[EXTRACTED MATERIAL]

-- ===== src/Ascii/Get/Stuck.antt =====
-- A get for whose item `add_iov` fails: the loop breaks, and comes back to the same key.
use log_memcached.Base.{
  ℕ, zero, suc, ◌+◌, ◌^◌, ◌<◌, ◌≤◌, ◌≡◌, refl, ap, ◌∙◌, Bool, true, false, ◌==◌, Option, none, some,
  List, [], ◌∷◌, ◌++◌, length, take, drop, ltb, arith, Bool-cases, inl, inr,
}
use mathlib.Core.Path.{fun_ext}
use log_memcached.Libc.{Libc}
use log_memcached.Memlog.Header.{Item}
use log_memcached.Items.{Cache, Metadata, item_of, item_is_flushed, do_item_remove}
use log_memcached.Items.Lookup.{dropped}
use log_memcached.Items.Map.{lookup}
use log_memcached.Items.Held.{remove_held}
use log_memcached.Items.Get.{held_by, is_expired, do_item_get-Held}
use log_memcached.Items.Total.{>>=-eq, if-true, if-false}
use log_memcached.Delta.{Numbers}
use log_memcached.Ascii.Update.{key_max_length}
use log_memcached.Ascii.Tokens.{Token, max_tokens, tokenize_command, text, texts}
use log_memcached.Ascii.Tokens.Words.{words, tokenize_command-words}
use log_memcached.Ascii.Get.Line.{tokenize-Begins}
use log_memcached.Ascii.Get.Answer.{keys_words}
use log_memcached.Base.Text.{codes}
use log_memcached.Ascii.Listing.{
  Grants, Getting, unlisted, add_parts, grow_ilist, grow_suffixlist, list_plain, list_with_cas,
  list_item,
}
use log_memcached.Ascii.Get.{
  broken, passed, out_of_fuel, list_found, get_key, get_keys, get_loop, process_get_command,
}

-- A reference that is taken and given back leaves the cache as it was.
back_metas :
    (s : Cache) (it : ℕ)
    → (s.metas it).refcount + 1 < 2 ^ 16
    → (p : ℕ) → (dropped (held_by s it) it).metas p ≡ s.metas p
back_metas s it small p = elim (Bool-cases (p == it)) [
  | inl same ↦ let e : p ≡ it = ground (arith, same) in rw e (ground (arith, small))
  | inr other ↦ rw other refl
]

pub get_remove :
    (s : Cache) (it : ℕ)
    → 0 < (s.metas it).refcount
    → (s.metas it).refcount + 1 < 2 ^ 16
    → (s.metas it).it_flags.slabbed ≡ false
    → do_item_remove (held_by s it) it ≡ some s
get_remove s it used small free =
    remove_held (held_by s it) it (ground (arith, free)) (ground (arith, used, small))
      (ground (arith, small))
    ∙ ap (λ (m : ℕ → Metadata). some (record s { metas = m })) (fun_ext (back_metas s it small))

-- add_iov refuses the first part of every item, and there is a suffix for each
pub record IsRefused (a : Grants) : Type 0 where
  pub bytes : ℕ
  pub refused : a.refused 0 ≡ some bytes
  pub suffix : a.suffix ≡ true

add_parts-refused :
    (refused : ℕ → Option ℕ) (n : ℕ) (sent : List (List ℕ)) (b : List ℕ) (bs : List (List ℕ))
    → refused 0 ≡ some n
    → add_parts refused 0 sent (b ∷ bs) ≡ (false, sent ++ take n b ∷ [])
unfolding add_parts
add_parts-refused refused n sent b bs r = rw (r, add_parts) refl

module _ (numbers : Numbers) where
  list_plain-unlisted :
      (a : Grants) (g : Getting) (d : Item)
      → IsRefused a
      → (g' : Getting) × (list_plain a g d ≡ unlisted g')
  unfolding list_plain
  list_plain-unlisted a g d r = (
    record g { sent = g.sent ++ take r.bytes (codes "VALUE ") ∷ [] },
    rw (add_parts-refused a.refused r.bytes g.sent (codes "VALUE ") _ r.refused) refl,
  )

  list_with_cas-unlisted :
      (a : Grants) (g : Getting) (d : Item)
      → IsRefused a
      → (g' : Getting) × (list_with_cas numbers a g d ≡ unlisted g')
  unfolding list_with_cas
  list_with_cas-unlisted a g d r = elim (Bool-cases (grow_suffixlist a g).0) [
    | inl room ↦
        let g₁ : Getting = (grow_suffixlist a g).1 in
        (
          record g₁ {
            suffixes = g₁.suffixes + 1;
            sent = g₁.sent ++ take r.bytes (codes "VALUE ") ∷ [];
          },
          if-true _ _ _ room (
              if-true _ _ _ r.suffix (
                rw (add_parts-refused a.refused r.bytes g₁.sent (codes "VALUE ") _ r.refused)
                  refl)),
        )
    | inr full ↦ ((grow_suffixlist a g).1, if-false _ _ _ full refl)
  ]

  list_item-unlisted :
      (return_cas : Bool) (a : Grants) (g : Getting) (d : Item)
      → IsRefused a
      → (g' : Getting) × (list_item numbers return_cas a g d ≡ unlisted g')
  unfolding list_item
  list_item-unlisted true a g d r = list_with_cas-unlisted a g d r
  list_item-unlisted false a g d r = list_plain-unlisted a g d r

-- the item of a key, neither flushed nor expired nor on the free list
pub record IsFresh (hash : List ℕ → ℕ) (s : Cache) (key : List ℕ) (it : ℕ) : Type 0 where
  pub found : lookup hash s key ≡ some it
  pub unflushed : item_is_flushed (held_by s it) it ≡ false
  pub unexpired : is_expired (held_by s it) it ≡ false
  pub used : 0 < (s.metas it).refcount
  pub small : (s.metas it).refcount + 1 < 2 ^ 16
  pub free : (s.metas it).it_flags.slabbed ≡ false

-- the first token of a line
first_text :
    (command w : List ℕ) (ws : List (List ℕ)) (ts : List Token)
    → texts command ts ≡ w ∷ ws
    → (t : Token) × (ts' : List Token) × (ts ≡ t ∷ ts')
      × (t.length == 0 ≡ false)
      × (text command t ≡ w)
unfolding texts
first_text command w ws [] e = absurd (cc)
first_text command w ws (t ∷ ts) e = elim (Bool-cases (t.length == 0)) [
  | inl last ↦ absurd (let f = e in let g : [] ≡ w ∷ ws = rw last at f in cc)
  | inr long ↦ (
    t,
    ts,
    refl,
    long,
    let f = e in let g : text command t ∷ texts command ts ≡ w ∷ ws = rw long at f in cc,
  )
]

module _ ⦃libc : Libc⦄ (numbers : Numbers) (pause : Cache → Cache) (hash : List ℕ → ℕ)
    (return_cas : Bool) (grants : ℕ → Grants) (none_listed : (i : ℕ) → IsRefused (grants i))
    (s : Cache) (key : List ℕ) (it : ℕ) (fresh : IsFresh hash s key it) where
  list_found-broken :
      (g : Getting)
      → (g' : Getting) × (list_found numbers pause hash return_cas grants (held_by s it) g it
          ≡ some (broken g' s))
  unfolding list_found
  list_found-broken g =
      let a : Grants = grants g.attempts in
      let (g', e) =
        list_item-unlisted numbers return_cas a (grow_ilist a g).1 (item_of (held_by s it) it)
          (none_listed g.attempts) in
      let back = get_remove s it fresh.used fresh.small fresh.free in
      elim (Bool-cases (grow_ilist a g).0) [
        | inl room ↦ (g', if-true _ _ _ room (rw e (>>=-eq _ _ s back refl)))
        | inr full ↦ ((grow_ilist a g).1, if-false _ _ _ full (>>=-eq _ _ s back refl))
      ]

  get_key-broken :
      (g : Getting)
      → length key ≤ 250
      → (g' : Getting) × (get_key numbers pause hash return_cas grants s g key ≡ some (broken g' s))
  unfolding get_key
  get_key-broken g short =
      let fits : ltb key_max_length (length key) ≡ false = ground (arith, short) in
      let (g', e) = list_found-broken g in
      let got = (do_item_get-Held hash s key it fresh.found fresh.unflushed fresh.unexpired).0 in
      (
        record g' { attempts = g.attempts + 1 },
        if-false _ _ _ fits (>>=-eq _ _ (some it, held_by s it) got (>>=-eq _ _ _ e refl)),
      )

  get_keys-broken :
      (g g' : Getting) (command : List ℕ) (t : Token) (ts : List Token)
      → t.length == 0 ≡ false
      → text command t ≡ key
      → get_key numbers pause hash return_cas grants s g key ≡ some (broken g' s)
      → get_keys numbers pause hash return_cas grants s g command (t ∷ ts)
        ≡ some (passed (some key) g' s)
  unfolding get_keys
  get_keys-broken g g' command t ts long at step =
      let here = ap (get_key numbers pause hash return_cas grants s g) at ∙ step in
      rw (long, get_keys, here) (ap (λ k. some (passed (some k) g' s)) at)

  get_loop-stuck :
      (fuel : ℕ) (g : Getting) (command : List ℕ) (ts : List Token) (ws : List (List ℕ))
      → length key ≤ 250
      → words key ≡ key ∷ []
      → texts command ts ≡ key ∷ ws
      → get_loop numbers pause hash return_cas grants fuel none s g command ts ≡ some out_of_fuel
  unfolding get_loop
  get_loop-stuck zero g command ts ws short one here = refl
  get_loop-stuck (suc fuel) g command ts ws short one here =
      let (t, ts', e, long, at) = first_text command key ws ts here in
      let (g', step) = get_key-broken g short in
      let again = (tokenize_command-words key max_tokens (omega arith)).0 ∙ ap (take 7) one in
      let rest = get_loop-stuck fuel g' key (tokenize_command key max_tokens) [] short one again in
      let keys =
        ap (get_keys numbers pause hash return_cas grants s g command) e
        ∙ get_keys-broken g g' command t ts' long at step in
      elim (tokenize-Begins key) [
        | inl (nothing, _) ↦ absurd (cc)
        | inr (w, ws', i, begins, begun) ↦ >>=-eq _ _ _ keys (rw begun rest)
      ]

-- On a line with the name of the command, a key of at most 250 bytes without a space and keys
-- behind it, where the first key has an item that is neither flushed nor expired nor on the free
-- list, with references from one to two less than 2^16, and where add_iov never takes all of the
-- first part of an item and every suffix is granted, process_get_command does not return on any
-- fuel.
pub process_get_command-stuck :
    ⦃libc : Libc⦄ (numbers : Numbers) (pause : Cache → Cache) (hash : List ℕ → ℕ)
    (return_cas : Bool) (grants : ℕ → Grants) (s : Cache) (g : Getting) (command name key : List ℕ)
    (keys : List (List ℕ)) (it fuel : ℕ)
    → ((i : ℕ) → IsRefused (grants i))
    → IsFresh hash s key it
    → length key ≤ 250
    → words key ≡ key ∷ []
    → words command ≡ name ∷ key ∷ keys
    → process_get_command numbers pause hash return_cas grants fuel none s g command
        (tokenize_command command max_tokens)
      ≡ some out_of_fuel
unfolding process_get_command
process_get_command-stuck numbers pause hash return_cas grants s g command name key keys it fuel
      refused fresh short one line =
    get_loop-stuck numbers pause hash return_cas grants refused s key it fresh fuel
      (record g { ilist = [] }) command (drop 1 (tokenize_command command max_tokens)) (take 5 keys)
      short one (keys_words command name (key ∷ keys) line).0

[/EXTRACTED MATERIAL]

- _WHAT TO DO_: Check each line of the records above for the string "absurd", and report every line that has it.

- _RESPONSE_:
first_text command w ws [] e = absurd (cc)
  | inl last ↦ absurd (let f = e in let g : [] ≡ w ∷ ws = rw last at f in cc)
        | inl (nothing, _) ↦ absurd (cc)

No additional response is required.